Where the word "Knows" occurs in a line of the data, return the whole line.

::::::::

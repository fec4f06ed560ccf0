-- ===== src/Prelude/Threads.antt =====
-- Threads that take steps on shared state in any order: each is a number, with the phase it is in.
use Prim.Native.Nat.{ℕ}
use native.Mathlib.Omega.{arith}
use mathlib.Core.Path.{◌≡◌, refl}
use mathlib.Core.Logic.{◌≢◌, ◌⊎◌, inl, inr}
use cyber_rt_standalone_r.Prelude.Tests.{◌==◌, if◌then◌else◌, ==_iff, Bool-cases}

abbrev pub update : {A : Type 0} → (ℕ → A) → ℕ → A → ℕ → A
update f i a j = if j == i then a else f j

pub update_cases :
    {A : Type 0} (f : ℕ → A) (i : ℕ) (a : A) (j : ℕ)
    → ((j ≡ i) × (update f i a j ≡ a)) ⊎ ((j ≢ i) × (update f i a j ≡ f j))
update_cases f i a j = elim (Bool-cases (j == i)) [
  | inl e ↦ inl ((==_iff j i).0 e, rw e refl)
  | inr e ↦ inr (λ q. absurd (ground (arith, e, q)), rw e refl)
]
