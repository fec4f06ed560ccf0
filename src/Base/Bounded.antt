-- ===== src/Base/Bounded.antt =====
-- cyber/base/bounded_queue.h: a ring that any number of threads fill and empty without a lock. A thread
-- takes one step for each access to what is shared; accesses come in one order, as with sequentially
-- consistent atomics. The waiting calls repeat `Enqueue` and `Dequeue` and are left out.
pub mod Invariant
pub mod Steps
pub mod Changes
pub mod Order
pub mod Alone
pub mod Fifo
use cyber_rt_standalone_r.Prelude.{
  ℕ, ◌+◌, ◌-◌, ◌*◌, ◌/◌, List, [], ◌∷◌, ◌++◌, Bool, true, false, ◌&&◌, not, if◌then◌else◌, ◌==◌,
  Option, some, none, add_u64, update, get_or, set, replicate,
}

-- What threads share. `log` and `out` record what has happened: the elements whose places were
-- claimed and those that were handed out, the oldest first.
pub record Shared (T : Type 0) : Type 0 where
  pub head : ℕ
  pub tail : ℕ
  pub commit : ℕ
  pub pool_size : ℕ
  pub pool : List T
  pub log : List T
  pub out : List T

-- Where a thread stands in `Enqueue` or `Dequeue`, with its local variables.
pub data Phase (T : Type 0) : Type 0 where
  idle : Phase T
  -- Before the load of `head_`, the exchange of `tail_`, the store, the exchange of `commit_`.
  tail_loaded : (old_tail : ℕ) → T → Phase T
  tail_checked : (old_tail : ℕ) → T → Phase T
  claimed : (old_tail : ℕ) → T → Phase T
  stored : (old_tail : ℕ) → Phase T
  -- Before the load of `commit_`, the copy of the element, the exchange of `head_`.
  head_loaded : (old_head : ℕ) → Phase T
  head_checked : (old_head : ℕ) → Phase T
  copied : (old_head : ℕ) → T → Phase T

-- The calls begin with a load; the flag says that a compare-exchange fails spuriously.
pub data Action (T : Type 0) : Type 0 where
  enqueue : T → Action T
  dequeue : Action T
  go : Bool → Action T

-- `GetIndex`.
unfoldable pub get_index : ℕ → ℕ → ℕ
get_index pool_size num = num - num / pool_size * pool_size

module _ {T : Type 0} (default : T) where
  -- The queue after `Init(size)`, a head and a tail occupying a place each.
  unfoldable pub init : ℕ → Shared T
  init size = record {
    head = 0;
    tail = 1;
    commit = 1;
    pool_size = add_u64 size 2;
    pool = replicate (add_u64 size 2) default;
    log = [];
    out = [];
  }

  -- `Init`: none where it returns false, by whether `calloc` gives the pool.
  pub try_init : Bool → ℕ → Option (Shared T)
  try_init allocated size = if allocated then some (init size) else none

  -- One step of a thread.
  unfoldable pub move : Action T → Phase T → Shared T → Phase T × Shared T
  unfolding get_index
  move (enqueue x) idle m = (tail_loaded m.tail x, m)
  move dequeue idle m = (head_loaded m.head, m)
  move (go spurious) (tail_loaded t x) m =
      if get_index m.pool_size (add_u64 t 1) == get_index m.pool_size m.head
      then (idle, m)
      else (tail_checked t x, m)
  move (go spurious) (tail_checked t x) m =
      if not spurious && m.tail == t
      then (claimed t x, record m { tail = add_u64 t 1; log = m.log ++ x ∷ [] })
      else (tail_loaded m.tail x, m)
  move (go spurious) (claimed t x) m =
      (stored t, record m { pool = set m.pool (get_index m.pool_size t) x })
  move (go spurious) (stored t) m =
      if not spurious && m.commit == t
      then (idle, record m { commit = add_u64 t 1 })
      else (stored t, m)
  move (go spurious) (head_loaded h) m =
      if add_u64 h 1 == m.commit then (idle, m) else (head_checked h, m)
  move (go spurious) (head_checked h) m =
      (copied h (get_or m.pool (get_index m.pool_size (add_u64 h 1)) default), m)
  move (go spurious) (copied h v) m =
      if not spurious && m.head == h
      then (idle, record m { head = add_u64 h 1; out = m.out ++ v ∷ [] })
      else (head_loaded m.head, m)
  move _ p m = (p, m)

pub record System (T : Type 0) : Type 0 where
  pub shared : Shared T
  pub phase_of : ℕ → Phase T

abbrev pub moved : {T : Type 0} → System T → ℕ → Phase T × Shared T → System T
moved s i (p, m) = record { shared = m; phase_of = update s.phase_of i p }

module _ {T : Type 0} (default : T) where
  -- Thread `i` takes the step `a`.
  unfoldable pub step : System T → ℕ × Action T → System T
  unfolding move
  step s (i, a) = moved s i (move default a (s.phase_of i) s.shared)

  unfoldable pub run : System T → List (ℕ × Action T) → System T
  unfolding step
  run s [] = s
  run s (x ∷ xs) = run (step s x) xs

  -- A new queue before threads that do nothing.
  unfoldable pub fresh : ℕ → System T
  unfolding init
  fresh size = record { shared = init default size; phase_of = λ i. idle }
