-- ===== src/Base/Bounded/Invariant.antt =====
-- What holds between the steps of any interleaving.
use cyber_rt_standalone_r.Prelude.{
  ℕ, ◌+◌, ◌-◌, ◌%◌, ◌^◌, ◌≤◌, ◌<◌, ◌≡◌, ◌≢◌, Option, some, none, length, get_or, take, arith,
}
use native.Mathlib.Nat.{div-add-mod'}
use cyber_rt_standalone_r.Base.Bounded.{
  Shared, Phase, idle, tail_loaded, tail_checked, claimed, stored, head_loaded, head_checked,
  copied, get_index, System,
}

pub get_index_lem : (n num : ℕ) → get_index n num ≡ num % n
unfolding get_index
get_index_lem n num = omega (arith, div-add-mod' num n)

-- The place that a thread has claimed and not committed.
abbrev pub owned : {T : Type 0} → Phase T → Option ℕ
owned (claimed t x) = some t
owned (stored t) = some t
owned _ = none

module _ {T : Type 0} (default : T) where
  -- The element that the place `p` was claimed for; places are counted from 1.
  abbrev pub element : Shared T → ℕ → T
  element m p = get_or m.log (p - 1) default

  abbrev pub slot : Shared T → ℕ → T
  slot m p = get_or m.pool (p % m.pool_size) default

  -- The shared part, with `n` steps still to come.
  pub record IsSound (n : ℕ) (m : Shared T) : Type 0 where
    pub room : 0 < m.pool_size
    pub full : length m.pool ≡ m.pool_size
    pub counted : m.tail ≡ 1 + length m.log
    pub ordered : (m.head < m.commit) × (m.commit ≤ m.tail)
    pub bounded : m.tail < m.head + m.pool_size
    pub small : m.tail + n < 2 ^ 64
    pub filled : (p : ℕ) → m.head < p → p < m.commit → slot m p ≡ element m p
    pub handed : m.out ≡ take m.head m.log

  -- What the local variables of a thread say.
  abbrev pub Knows : Shared T → Phase T → Type 0
  Knows m idle = Unit
  Knows m (tail_loaded t x) = t ≤ m.tail
  Knows m (tail_checked t x) = (t ≤ m.tail) × (t ≡ m.tail → t + 1 < m.head + m.pool_size)
  Knows m (claimed t x) = (m.commit ≤ t) × (t < m.tail) × (element m t ≡ x)
  Knows m (stored t) = (m.commit ≤ t) × (t < m.tail) × (slot m t ≡ element m t)
  Knows m (head_loaded h) = h ≤ m.head
  Knows m (head_checked h) = (h ≤ m.head) × (h + 1 < m.commit)
  Knows m (copied h v) = (h ≤ m.head) × (h + 1 < m.commit) × (h ≡ m.head → v ≡ element m (h + 1))

  pub record IsGood (n : ℕ) (s : System T) : Type 0 where
    pub sound : IsSound n s.shared
    pub knows : (i : ℕ) → Knows s.shared (s.phase_of i)
    pub apart : (i j t : ℕ) → i ≢ j → owned (s.phase_of i) ≡ some t → owned (s.phase_of j) ≢ some t
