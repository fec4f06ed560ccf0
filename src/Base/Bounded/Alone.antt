-- ===== src/Base/Bounded/Alone.antt =====
-- A thread that no other one disturbs.
use cyber_rt_standalone_r.Prelude.{
  ℕ, ◌+◌, ◌<◌, ◌≡◌, refl, List, [], ◌∷◌, ◌++◌, true, false, ◌==◌, get_or, set, arith, mod-eq_of_add,
  mod-ne_of_near, add_u64, ==_iff,
}
use cyber_rt_standalone_r.Base.Bounded.{
  Shared, Phase, idle, Action, enqueue, dequeue, go, get_index, move,
}
use cyber_rt_standalone_r.Base.Bounded.Invariant.{get_index_lem, IsSound}

abbrev pub moves : {T : Type 0} → T → List (Action T) → Phase T × Shared T → Phase T × Shared T
moves d [] s = s
moves d (a ∷ as') s = moves d as' (move d a s.0 s.1)

abbrev pub goes : {T : Type 0} → List (Action T)
goes = go false ∷ go false ∷ go false ∷ go false ∷ []

-- The test of `Enqueue`: the queue is full, or a slot is free.
tests_full :
    {T : Type 0} (d : T) (m : Shared T)
    → IsSound d 4 m
    → m.tail + 1 ≡ m.head + m.pool_size
    → (get_index m.pool_size (add_u64 m.tail 1) == get_index m.pool_size m.head) ≡ true
tests_full d m s h = ground (
  arith,
  s.small,
  get_index_lem m.pool_size (add_u64 m.tail 1),
  get_index_lem m.pool_size m.head,
  mod-eq_of_add m.head (m.tail + 1) m.pool_size h,
)

tests_room :
    {T : Type 0} (d : T) (m : Shared T)
    → IsSound d 4 m
    → m.tail + 1 < m.head + m.pool_size
    → (get_index m.pool_size (add_u64 m.tail 1) == get_index m.pool_size m.head) ≡ false
tests_room d m s h = ground (
  arith,
  s.small,
  get_index_lem m.pool_size (add_u64 m.tail 1),
  get_index_lem m.pool_size m.head,
  mod-ne_of_near m.head (m.tail + 1) m.pool_size (omega (arith, s.ordered)) h,
)

eqb_refl : (n : ℕ) → (n == n) ≡ true
eqb_refl n = (==_iff n n).1 refl

module _ {T : Type 0} (d : T) (m : Shared T) (s : IsSound d 4 m) where
  pub enqueue_full :
      (x : T) → m.tail + 1 ≡ m.head + m.pool_size → moves d (enqueue x ∷ goes) (idle, m) ≡ (idle, m)
  unfolding move
  enqueue_full x h = rw (tests_full d m s h) refl

  pub enqueue_room :
      (x : T)
      → m.tail + 1 < m.head + m.pool_size
      → m.commit ≡ m.tail
      → moves d (enqueue x ∷ goes) (idle, m) ≡ (
        idle,
        record m {
          tail = add_u64 m.tail 1;
          log = m.log ++ x ∷ [];
          pool = set m.pool (get_index m.pool_size m.tail) x;
          commit = add_u64 m.tail 1;
        },
      )
  unfolding move
  enqueue_room x h c =
      let e : (m.commit == m.tail) ≡ true = (==_iff m.commit m.tail).1 c in
      simp (tests_room d m s h, eqb_refl m.tail, e)

  pub dequeue_empty : m.commit ≡ m.head + 1 → moves d (dequeue ∷ goes) (idle, m) ≡ (idle, m)
  unfolding move
  dequeue_empty h =
      let e : (add_u64 m.head 1 == m.commit) ≡ true = ground (arith, h, s.small, s.ordered) in
      rw e refl

  pub dequeue_some :
      m.head + 1 < m.commit
      → moves d (dequeue ∷ goes) (idle, m) ≡ (
        idle,
        record m {
          head = add_u64 m.head 1;
          out = m.out ++ get_or m.pool (get_index m.pool_size (add_u64 m.head 1)) d ∷ [];
        },
      )
  unfolding move
  dequeue_some h =
      let e : (add_u64 m.head 1 == m.commit) ≡ false = ground (arith, h, s.small, s.ordered) in
      simp (e, eqb_refl m.head)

::::::::

» **Finished exercise**
  abbrev pub Knows : Shared T → Phase T → Type 0
  Knows m idle = Unit
  Knows m (tail_loaded t x) = t ≤ m.tail
  Knows m (tail_checked t x) = (t ≤ m.tail) × (t ≡ m.tail → t + 1 < m.head + m.pool_size)
  Knows m (claimed t x) = (m.commit ≤ t) × (t < m.tail) × (element m t ≡ x)
  Knows m (stored t) = (m.commit ≤ t) × (t < m.tail) × (slot m t ≡ element m t)
  Knows m (head_loaded h) = h ≤ m.head
  Knows m (head_checked h) = (h ≤ m.head) × (h + 1 < m.commit)
  Knows m (copied h v) = (h ≤ m.head) × (h + 1 < m.commit) × (h ≡ m.head → v ≡ element m (h + 1))
    pub knows : (i : ℕ) → Knows s.shared (s.phase_of i)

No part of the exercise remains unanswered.